The year ahead will continue to be a challenge for DIRTT Environmental Solutions (DIRTT Environmental Solutions Stock Quote, Chart, News TSX:DRT), according to Neil Linsdell of iA Capital Markets who nonetheless sees the company to be slowly finding traction again. In a Friday report, Linsdell upgraded DIRTT from a “Sell” to a “Hold” rating and raised his target price from $1.65/share to $2/share for an implied loss of 8.7 per cent.
Founded in 2003 and headquartered in Calgary, DIRTT Environmental Solutions designs, manufactures and installs prefabricated interior construction solutions used primarily in commercial spaces across various industries and businesses in the United States, Canada and internationally through a network of international distribution partners.
Linsdell’s latest analysis comes after the company released its financial results for the fourth quarter of its 2021 fiscal year which were headlined by revenue of $42.9 million to produce a small beat in relation to the iA projection of $41.4 million and the consensus estimate of $41.3 million and coming in slightly ahead of the $42.2 million the company reported in the same quarter of 2020.

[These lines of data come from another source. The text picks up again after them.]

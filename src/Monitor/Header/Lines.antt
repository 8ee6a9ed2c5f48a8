-- ===== src/Monitor/Header/Lines.antt =====
-- How the decoder's loop goes over the lines of a header.
use amd_ibs_toolkit.Base.{ℕ, ◌^◌, ◌<◌, ◌≡◌, refl, arith, ap, sym, ◌∙◌, Bool, true, false, not, ◌&&◌}
use amd_ibs_toolkit.Base.{List, [], ◌∷◌, ◌++◌}
use amd_ibs_toolkit.Text.{Bytes, codes, starts_with}
use amd_ibs_toolkit.Text.RoundTrip.{strtoul-print_hex}
use amd_ibs_toolkit.Decoder.Header.{Features}
use amd_ibs_toolkit.Decoder.Parse
use amd_ibs_toolkit.Monitor.Cpu.{Cpuid, cpu_family, cpu_model}
use amd_ibs_toolkit.Monitor.Cpu.Bounds.{cpu_family-lt, cpu_model-lt}
use amd_ibs_toolkit.Monitor.Header

-- A line that starts with no key of a list and does not end the header.
abbrev pub is_quiet : List Parse.Key → Bytes → Bool
is_quiet [] line = not (starts_with Parse.end_of_header line)
is_quiet (k ∷ keys) line = not (starts_with (Parse.key_text k) line) && is_quiet keys line

abbrev pub are_quiet : List Parse.Key → List Bytes → Bool
are_quiet keys [] = true
are_quiet keys (line ∷ lines) = is_quiet keys line && are_quiet keys lines

not-true : (b : Bool) → not b ≡ true → b ≡ false
not-true true q = sym q
not-true false q = refl

pub is_quiet_last :
    (keys : List Parse.Key) (line : Bytes)
    → is_quiet keys line ≡ true
    → starts_with Parse.end_of_header line ≡ false
is_quiet_last [] line q = not-true (starts_with Parse.end_of_header line) q
is_quiet_last (k ∷ keys) line q = is_quiet_last keys line (ground arith)

parse_line_quiet :
    (keys : List Parse.Key) (line : Bytes) (f : Features)
    → is_quiet keys line ≡ true
    → Parse.parse_line keys line f ≡ f
unfolding Parse.parse_line
parse_line_quiet [] line f q = refl
parse_line_quiet (k ∷ keys) line f q =
    let other : starts_with (Parse.key_text k) line ≡ false = ground arith in
    rw other (parse_line_quiet keys line f (ground arith))

-- A round of the loop over the lines.
pub parse_lines_on :
    (keys : List Parse.Key) (line : Bytes) (lines : List Bytes) (f : Features)
    → starts_with Parse.end_of_header line ≡ false
    → Parse.parse_lines keys (line ∷ lines) f
      ≡ Parse.parse_lines keys lines (Parse.parse_line keys line f)
unfolding Parse.parse_lines
parse_lines_on keys line lines f more = rw more refl

pub parse_lines_read :
    (keys : List Parse.Key) (line : Bytes) (lines : List Bytes) (f g : Features)
    → starts_with Parse.end_of_header line ≡ false
    → Parse.parse_line keys line f ≡ g
    → Parse.parse_lines keys (line ∷ lines) f ≡ Parse.parse_lines keys lines g
parse_lines_read keys line lines f g more e =
    parse_lines_on keys line lines f more ∙ ap (λ h. Parse.parse_lines keys lines h) e

pub parse_lines_end :
    (keys : List Parse.Key) (f : Features)
    → Parse.parse_lines keys ((Parse.end_of_header ++ codes "\n") ∷ []) f ≡ f
unfolding Parse.parse_lines
parse_lines_end keys f = refl

pub parse_lines_quiet :
    (keys : List Parse.Key) (quiet lines : List Bytes) (f : Features)
    → are_quiet keys quiet ≡ true
    → Parse.parse_lines keys (quiet ++ lines) f ≡ Parse.parse_lines keys lines f
parse_lines_quiet keys [] lines f q = refl
parse_lines_quiet keys (line ∷ quiet) lines f q =
    let first : is_quiet keys line ≡ true = ground arith in
    parse_lines_read keys line (quiet ++ lines) f f (is_quiet_last keys line first)
      (parse_line_quiet keys line f first)
    ∙ parse_lines_quiet keys quiet lines f (ground arith)

-- The line of the family and the line of the model.
parse_family :
    (n : ℕ) (keys : List Parse.Key) (f : Features)
    → n < 2 ^ 32
    → Parse.parse_line
        (Parse.family_key ∷ keys)
        (Header.hex_line (codes "AMD Processor Family:") n)
        f
      ≡ record f { family = n }
unfolding Parse.parse_line Parse.put
parse_family n keys f h =
    rw (strtoul-print_hex n h) (ap (λ v. record f { family = v }) (omega (arith, h)))

parse_model :
    (n : ℕ) (keys : List Parse.Key) (f : Features)
    → n < 2 ^ 32
    → Parse.parse_line
        (Parse.family_key ∷ Parse.model_key ∷ keys)
        (Header.hex_line (codes "AMD Processor Model:") n)
        f
      ≡ record f { model = n }
unfolding Parse.parse_line Parse.put
parse_model n keys f h =
    rw (strtoul-print_hex n h) (ap (λ v. record f { model = v }) (omega (arith, h)))

-- The lines of the machine's setup.
pub parse_setup :
    (cpuid : Cpuid) (keys : List Parse.Key) (machine lines : List Bytes) (f : Features)
    → is_quiet
        (Parse.family_key ∷ Parse.model_key ∷ keys)
        (Header.hex_line (codes "AMD Processor Stepping:") (Header.cpu_stepping cpuid))
      ≡ true
    → are_quiet (Parse.family_key ∷ Parse.model_key ∷ keys) machine ≡ true
    → Parse.parse_lines
        (Parse.family_key ∷ Parse.model_key ∷ keys)
        (Header.output_machine_setup cpuid machine ++ lines)
        f
      ≡ Parse.parse_lines
          (Parse.family_key ∷ Parse.model_key ∷ keys)
          lines
          (record f { family = cpu_family cpuid; model = cpu_model cpuid })
unfolding Header.output_machine_setup
parse_setup cpuid keys machine lines f stepping quiet =
    let all = Parse.family_key ∷ Parse.model_key ∷ keys in
    let fam = cpu_family cpuid in
    let model = cpu_model cpuid in
    let step = Header.hex_line (codes "AMD Processor Stepping:") (Header.cpu_stepping cpuid) in
    let rest = step ∷ (machine ++ lines) in
    let model_line = Header.hex_line (codes "AMD Processor Model:") model in
    let f1 = record f { family = fam } in
    let f2 = record f1 { model = model } in
    parse_lines_read all (Header.hex_line (codes "AMD Processor Family:") fam) (model_line ∷ rest) f
      f1 refl (parse_family fam (Parse.model_key ∷ keys) f (cpu_family-lt cpuid))
    ∙ parse_lines_read all model_line rest f1 f2 refl
        (parse_model model keys f1 (cpu_model-lt cpuid))
    ∙ parse_lines_quiet all (step ∷ machine) lines f2 (rw (stepping, quiet) refl)
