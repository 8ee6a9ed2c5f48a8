-- ===== src/Monitor/Header/Flags.antt =====
-- The flags of an op header, as the monitor writes and the decoder reads them.
use amd_ibs_toolkit.Base.{◌≡◌, refl, ◌∙◌, Bool, true, false}
use amd_ibs_toolkit.Base.{List, [], ◌∷◌, ◌++◌}
use amd_ibs_toolkit.Text.{Bytes, starts_with}
use amd_ibs_toolkit.Decoder.Header.{Features}
use amd_ibs_toolkit.Decoder.Parse
use amd_ibs_toolkit.Monitor.Cpu.{Cpuid, cpu_family, cpu_model}
use amd_ibs_toolkit.Monitor.Header
use amd_ibs_toolkit.Monitor.Header.Lines.{parse_lines_read}

-- The flags of an op header, as the decoder's keys.
pub data Flag : Type 0 where
  brn_resync_flag misp_return_flag brn_trgt_flag op_cnt_ext_flag rip_invalid_chk_flag : Flag
  op_brn_fuse_flag ibs_op_data_4_flag microcode_flag ibs_op_data2_4_5_flag dc_ld_bnk_con_flag : Flag
  dc_st_bnk_con_flag dc_st_to_ld_fwd_flag dc_st_to_ld_can_flag ibs_data3_20_31_48_63_flag : Flag

abbrev pub key_of : Flag → Parse.Key
key_of brn_resync_flag = Parse.brn_resync_key
key_of misp_return_flag = Parse.misp_return_key
key_of brn_trgt_flag = Parse.brn_trgt_key
key_of op_cnt_ext_flag = Parse.op_cnt_ext_key
key_of rip_invalid_chk_flag = Parse.rip_invalid_chk_key
key_of op_brn_fuse_flag = Parse.op_brn_fuse_key
key_of ibs_op_data_4_flag = Parse.ibs_op_data_4_key
key_of microcode_flag = Parse.microcode_key
key_of ibs_op_data2_4_5_flag = Parse.ibs_op_data2_4_5_key
key_of dc_ld_bnk_con_flag = Parse.dc_ld_bnk_con_key
key_of dc_st_bnk_con_flag = Parse.dc_st_bnk_con_key
key_of dc_st_to_ld_fwd_flag = Parse.dc_st_to_ld_fwd_key
key_of dc_st_to_ld_can_flag = Parse.dc_st_to_ld_can_key
key_of ibs_data3_20_31_48_63_flag = Parse.ibs_data3_20_31_48_63_key

abbrev pub put_flag : Flag → Bool → Features → Features
put_flag brn_resync_flag b f = record f { brn_resync = b }
put_flag misp_return_flag b f = record f { misp_return = b }
put_flag brn_trgt_flag b f = record f { brn_trgt = b }
put_flag op_cnt_ext_flag b f = record f { op_cnt_ext = b }
put_flag rip_invalid_chk_flag b f = record f { rip_invalid_chk = b }
put_flag op_brn_fuse_flag b f = record f { op_brn_fuse = b }
put_flag ibs_op_data_4_flag b f = record f { ibs_op_data_4 = b }
put_flag microcode_flag b f = record f { microcode = b }
put_flag ibs_op_data2_4_5_flag b f = record f { ibs_op_data2_4_5 = b }
put_flag dc_ld_bnk_con_flag b f = record f { dc_ld_bnk_con = b }
put_flag dc_st_bnk_con_flag b f = record f { dc_st_bnk_con = b }
put_flag dc_st_to_ld_fwd_flag b f = record f { dc_st_to_ld_fwd = b }
put_flag dc_st_to_ld_can_flag b f = record f { dc_st_to_ld_can = b }
put_flag ibs_data3_20_31_48_63_flag b f = record f { ibs_data3_20_31_48_63 = b }

-- What the decoder reads in a flag's line, where that line starts with the flag's key.
read_flag :
    (k : Flag) (b : Bool) (f : Features)
    → Parse.parse_line Parse.op_keys (Header.flag_line (Parse.key_text (key_of k)) b) f
      ≡ put_flag k b f
unfolding Parse.parse_line Parse.put
read_flag brn_resync_flag true f = refl
read_flag brn_resync_flag false f = refl
read_flag misp_return_flag true f = refl
read_flag misp_return_flag false f = refl
read_flag brn_trgt_flag true f = refl
read_flag brn_trgt_flag false f = refl
read_flag op_cnt_ext_flag true f = refl
read_flag op_cnt_ext_flag false f = refl
read_flag rip_invalid_chk_flag true f = refl
read_flag rip_invalid_chk_flag false f = refl
read_flag op_brn_fuse_flag true f = refl
read_flag op_brn_fuse_flag false f = refl
read_flag ibs_op_data_4_flag true f = refl
read_flag ibs_op_data_4_flag false f = refl
read_flag microcode_flag true f = refl
read_flag microcode_flag false f = refl
read_flag ibs_op_data2_4_5_flag true f = refl
read_flag ibs_op_data2_4_5_flag false f = refl
read_flag dc_ld_bnk_con_flag true f = refl
read_flag dc_ld_bnk_con_flag false f = refl
read_flag dc_st_bnk_con_flag true f = refl
read_flag dc_st_bnk_con_flag false f = refl
read_flag dc_st_to_ld_fwd_flag true f = refl
read_flag dc_st_to_ld_fwd_flag false f = refl
read_flag dc_st_to_ld_can_flag true f = refl
read_flag dc_st_to_ld_can_flag false f = refl
read_flag ibs_data3_20_31_48_63_flag true f = refl
read_flag ibs_data3_20_31_48_63_flag false f = refl

abbrev pub flag_text : Flag × Bool → Bytes
flag_text (k, b) = Header.flag_line (Parse.key_text (key_of k)) b

flag_more : (k : Flag) (b : Bool) → starts_with Parse.end_of_header (flag_text (k, b)) ≡ false
flag_more brn_resync_flag b = refl
flag_more misp_return_flag b = refl
flag_more brn_trgt_flag b = refl
flag_more op_cnt_ext_flag b = refl
flag_more rip_invalid_chk_flag b = refl
flag_more op_brn_fuse_flag b = refl
flag_more ibs_op_data_4_flag b = refl
flag_more microcode_flag b = refl
flag_more ibs_op_data2_4_5_flag b = refl
flag_more dc_ld_bnk_con_flag b = refl
flag_more dc_st_bnk_con_flag b = refl
flag_more dc_st_to_ld_fwd_flag b = refl
flag_more dc_st_to_ld_can_flag b = refl
flag_more ibs_data3_20_31_48_63_flag b = refl

abbrev pub flag_texts : List (Flag × Bool) → List Bytes
flag_texts [] = []
flag_texts (e ∷ flags) = flag_text e ∷ flag_texts flags

abbrev pub set_flags : List (Flag × Bool) → Features → Features
set_flags [] f = f
set_flags ((k, b) ∷ flags) f = set_flags flags (put_flag k b f)

pub parse_lines_flags :
    (flags : List (Flag × Bool)) (lines : List Bytes) (f : Features)
    → Parse.parse_lines Parse.op_keys (flag_texts flags ++ lines) f
      ≡ Parse.parse_lines Parse.op_keys lines (set_flags flags f)
parse_lines_flags [] lines f = refl
parse_lines_flags ((k, b) ∷ flags) lines f =
    parse_lines_read Parse.op_keys (flag_text (k, b)) (flag_texts flags ++ lines) f (put_flag k b f)
      (flag_more k b) (read_flag k b f)
    ∙ parse_lines_flags flags lines (put_flag k b f)

-- The flags that the monitor finds.
abbrev pub flags_of : Cpuid → List (Flag × Bool)
flags_of cpuid =
    let fam = cpu_family cpuid in
    let model = cpu_model cpuid in
    (brn_resync_flag, Header.has_brn_resync fam model)
    ∷ (misp_return_flag, Header.has_brn_resync fam model)
    ∷ (brn_trgt_flag, Header.deep_bit cpuid 5)
    ∷ (op_cnt_ext_flag, Header.deep_bit cpuid 6)
    ∷ (rip_invalid_chk_flag, Header.deep_bit cpuid 7)
    ∷ (op_brn_fuse_flag, Header.deep_bit cpuid 8)
    ∷ (ibs_op_data_4_flag, Header.deep_bit cpuid 10)
    ∷ (microcode_flag, Header.has_microcode fam model)
    ∷ (ibs_op_data2_4_5_flag, Header.has_data2_4_5 fam)
    ∷ (dc_ld_bnk_con_flag, Header.has_ld_bnk_con fam model)
    ∷ (dc_st_bnk_con_flag, Header.has_st_bnk_con fam)
    ∷ (dc_st_to_ld_fwd_flag, Header.has_st_to_ld_fw fam model)
    ∷ (dc_st_to_ld_can_flag, Header.has_ld_bnk_con fam model)
    ∷ (ibs_data3_20_31_48_63_flag, Header.has_data3_extra fam model)
    ∷ []
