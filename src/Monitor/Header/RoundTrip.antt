-- ===== src/Monitor/Header/RoundTrip.antt =====
-- The decoder's reading of the header that the monitor writes.
use amd_ibs_toolkit.Base.{◌≡◌, refl, ap, ◌∙◌, Bool, true, false, ◌&&◌, ◌==◌, leb}
use amd_ibs_toolkit.Base.{some, List, [], ◌∷◌, ◌++◌}
use amd_ibs_toolkit.Text.{Bytes, codes}
use amd_ibs_toolkit.Decoder.Header.{Features}
use amd_ibs_toolkit.Decoder.Parse
use amd_ibs_toolkit.Monitor.Cpu.{Cpuid, cpu_family, cpu_model}
use amd_ibs_toolkit.Monitor.Header
use amd_ibs_toolkit.Monitor.Header.Lines.{
  are_quiet, parse_lines_quiet, parse_lines_read, parse_lines_end, parse_setup,
}
use amd_ibs_toolkit.Monitor.Header.Flags

-- What the monitor finds out about a processor, with the errata that the decoder knows.
abbrev pub op_features : Cpuid → Features
op_features cpuid =
    let fam = cpu_family cpuid in
    let model = cpu_model cpuid in
    record {
      family = fam;
      model = model;
      brn_resync = Header.has_brn_resync fam model;
      misp_return = Header.has_brn_resync fam model;
      brn_trgt = Header.deep_bit cpuid 5;
      op_cnt_ext = Header.deep_bit cpuid 6;
      rip_invalid_chk = Header.deep_bit cpuid 7;
      op_brn_fuse = Header.deep_bit cpuid 8;
      ibs_op_data_4 = Header.deep_bit cpuid 10;
      microcode = Header.has_microcode fam model;
      ibs_op_data2_4_5 = Header.has_data2_4_5 fam;
      dc_ld_bnk_con = Header.has_ld_bnk_con fam model;
      dc_st_bnk_con = Header.has_st_bnk_con fam;
      dc_st_to_ld_fwd = Header.has_st_to_ld_fw fam model;
      dc_st_to_ld_can = Header.has_ld_bnk_con fam model;
      ibs_data3_20_31_48_63 = Header.has_data3_extra fam model;
      fetch_ctl_ext = false;
      fam14h_err484 = fam == 0x14;
      fam15h_model01h_err717 = fam == 0x15 && leb model 1;
    }

op_flag_lines_lem :
    (cpuid : Cpuid) → Header.op_flag_lines cpuid ≡ Flags.flag_texts (Flags.flags_of cpuid)
unfolding Header.op_flag_lines
op_flag_lines_lem cpuid = refl

parse_op_lines :
    (cpuid : Cpuid) (machine : List Bytes)
    → are_quiet Parse.op_keys machine ≡ true
    → Parse.parse_op_in_header (Header.op_header_lines cpuid machine) Parse.no_features
      ≡ op_features cpuid
unfolding Parse.parse_op_in_header Header.op_header_lines Header.op_flag_lines
parse_op_lines cpuid machine quiet =
    let flags = Flags.flags_of cpuid in
    let set_up = record Parse.no_features { family = cpu_family cpuid; model = cpu_model cpuid } in
    let tail = Flags.flag_texts flags ++ Header.end_lines in
    let last : List Bytes = (Parse.end_of_header ++ codes "\n") ∷ [] in
    let version = codes "IBS Op Structure Version: 1\n" in
    let title = codes "IBS Op Sample File\n" in
    let read : Parse.parse_lines Parse.op_keys (Header.op_header_lines cpuid machine)
          Parse.no_features
        ≡ Flags.set_flags flags set_up =
      parse_lines_quiet Parse.op_keys (title ∷ [])
        (Header.output_machine_setup cpuid machine
          ++ (version ∷ (Header.op_flag_lines cpuid ++ Header.end_lines)))
        Parse.no_features refl
      ∙ parse_setup cpuid Parse.op_flag_keys machine (version ∷ tail) Parse.no_features refl quiet
      ∙ parse_lines_quiet Parse.op_keys (version ∷ []) tail set_up refl
      ∙ Flags.parse_lines_flags flags Header.end_lines set_up
      ∙ parse_lines_quiet Parse.op_keys (codes "\n" ∷ []) last (Flags.set_flags flags set_up) refl
      ∙ parse_lines_end Parse.op_keys (Flags.set_flags flags set_up) in
    ap Parse.find_errata read

after_checks-some :
    (amd basic flavor : Bool) (lines out : List Bytes)
    → Header.after_checks amd basic flavor lines ≡ some out
    → lines ≡ out
after_checks-some true true true lines out e = cc e
after_checks-some true true false lines out e = absurd (cc e)
after_checks-some true false flavor lines out e = absurd (cc e)
after_checks-some false basic flavor lines out e = absurd (cc e)

pub output_op_header_lines :
    (cpuid : Cpuid) (machine lines : List Bytes)
    → Header.output_op_header cpuid machine ≡ some lines
    → Header.op_header_lines cpuid machine ≡ lines
unfolding Header.output_op_header
output_op_header_lines cpuid machine lines =
    after_checks-some (Header.check_amd_processor cpuid) (Header.check_basic_ibs_support cpuid)
      (Header.check_ibs_op_support cpuid) (Header.op_header_lines cpuid machine) lines

-- When the monitor writes an op header on a processor, and no line in the rest of the machine's
-- setup starts with a key of the decoder or ends the header, the decoder reads back from it the
-- family and the model that the monitor found, each flag as the monitor found it, and the errata
-- that go with this family and model.
pub parse_op_in_header-output_op_header :
    (cpuid : Cpuid) (machine lines : List Bytes)
    → are_quiet Parse.op_keys machine ≡ true
    → Header.output_op_header cpuid machine ≡ some lines
    → Parse.parse_op_in_header lines Parse.no_features ≡ op_features cpuid
parse_op_in_header-output_op_header cpuid machine lines quiet e =
    rw (← output_op_header_lines cpuid machine lines e) (parse_op_lines cpuid machine quiet)

output_fetch_header_lines :
    (cpuid : Cpuid) (machine lines : List Bytes)
    → Header.output_fetch_header cpuid machine ≡ some lines
    → Header.fetch_header_lines cpuid machine ≡ lines
unfolding Header.output_fetch_header
output_fetch_header_lines cpuid machine lines =
    after_checks-some (Header.check_amd_processor cpuid) (Header.check_basic_ibs_support cpuid)
      (Header.check_ibs_fetch_support cpuid) (Header.fetch_header_lines cpuid machine) lines

read_fetch_flag :
    (b : Bool) (f : Features)
    → Parse.parse_line Parse.fetch_keys (Header.flag_line (codes "IbsFetchCtlExtd:") b) f
      ≡ record f { fetch_ctl_ext = b }
unfolding Parse.parse_line Parse.put
read_fetch_flag true f = refl
read_fetch_flag false f = refl

parse_fetch_lines :
    (cpuid : Cpuid) (machine : List Bytes)
    → are_quiet Parse.fetch_keys machine ≡ true
    → Parse.parse_fetch_in_header (Header.fetch_header_lines cpuid machine) Parse.no_features
      ≡ record Parse.no_features {
        family = cpu_family cpuid;
        model = cpu_model cpuid;
        fetch_ctl_ext = Header.deep_bit cpuid 9;
      }
unfolding Parse.parse_fetch_in_header Header.fetch_header_lines
parse_fetch_lines cpuid machine quiet =
    let keys = Parse.fetch_keys in
    let extd = Header.deep_bit cpuid 9 in
    let set_up = record Parse.no_features { family = cpu_family cpuid; model = cpu_model cpuid } in
    let found = record set_up { fetch_ctl_ext = extd } in
    let line = Header.flag_line (codes "IbsFetchCtlExtd:") extd in
    let last : List Bytes = (Parse.end_of_header ++ codes "\n") ∷ [] in
    let version = codes "IBS Fetch Structure Version: 1\n" in
    let title = codes "IBS Fetch Sample File\n" in
    let tail = line ∷ Header.end_lines in
    parse_lines_quiet keys (title ∷ [])
      (Header.output_machine_setup cpuid machine ++ (version ∷ tail)) Parse.no_features refl
    ∙ parse_setup cpuid (Parse.fetch_ctl_ext_key ∷ []) machine (version ∷ tail) Parse.no_features
        refl quiet
    ∙ parse_lines_quiet keys (version ∷ []) tail set_up refl
    ∙ parse_lines_read keys line Header.end_lines set_up found refl (read_fetch_flag extd set_up)
    ∙ parse_lines_quiet keys (codes "\n" ∷ []) last found refl
    ∙ parse_lines_end keys found

-- When the monitor writes a fetch header on a processor, and no line in the rest of the machine's
-- setup starts with a key of the decoder or ends the header, the decoder reads back from it the
-- family, the model and the extended fetch control as the monitor found them.
pub parse_fetch_in_header-output_fetch_header :
    (cpuid : Cpuid) (machine lines : List Bytes)
    → are_quiet Parse.fetch_keys machine ≡ true
    → Header.output_fetch_header cpuid machine ≡ some lines
    → Parse.parse_fetch_in_header lines Parse.no_features ≡ record Parse.no_features {
      family = cpu_family cpuid;
      model = cpu_model cpuid;
      fetch_ctl_ext = Header.deep_bit cpuid 9;
    }
parse_fetch_in_header-output_fetch_header cpuid machine lines quiet e =
    rw (← output_fetch_header_lines cpuid machine lines e) (parse_fetch_lines cpuid machine quiet)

On the flip side, the company’s gross margin for the quarter dropped from 32 per cent to 25.3 per cent, primarily on account of higher input costs and underutilized capacity. Meanwhile, the company’s adjusted EBITDA was another miss for the quarter at a $9.7 million loss, well off the iA projection of a $5.9 million loss and the consensus estimate of a $7.1 million loss.
DIRTT is in the midst of an organizational restructure in which the company is looking to save $15.2 million annually, including $10 million in reduced operating expenses and $5.2 million in reduction to cost of goods sold by reallocating some of its manufacturing process and closing its Phoenix plant.
“We started a process several months ago at the board, which took on greater urgency following our third quarter,” said Todd Lillibridge, interim Chief Executive Officer of DIRTT in the company’s February 23 press release. “We have had the advantage of being able to capitalize on our directors’ rich, multi-disciplinary experience in the verticals in which we operate and the technology that drives our business.”
The company also provided future financial guidance, expecting revenue for the opening quarter of 2022 to be between $38 million and $42 million, with an annual revenue target between $170 million and $180 million.
With year-end figures now in play, Linsdell has some revisions to his future financial projections and is introducing 2024 targets for DIRTT. After posting $148 million in revenue for 2021, Linsdell forecasts a jump for DIRTT to $173 million in 2022, down from the previous estimate of $193 million but still representing a year-over-year increase of 16.9 per cent. Looking to 2023, Linsdell has reduced his revenue target from $245 million to $230 million to indicate year-over-year growth of 32.9 per cent, while his newly introduced 2024 estimate of $283 million implies a year-over-year jump of 23 per cent.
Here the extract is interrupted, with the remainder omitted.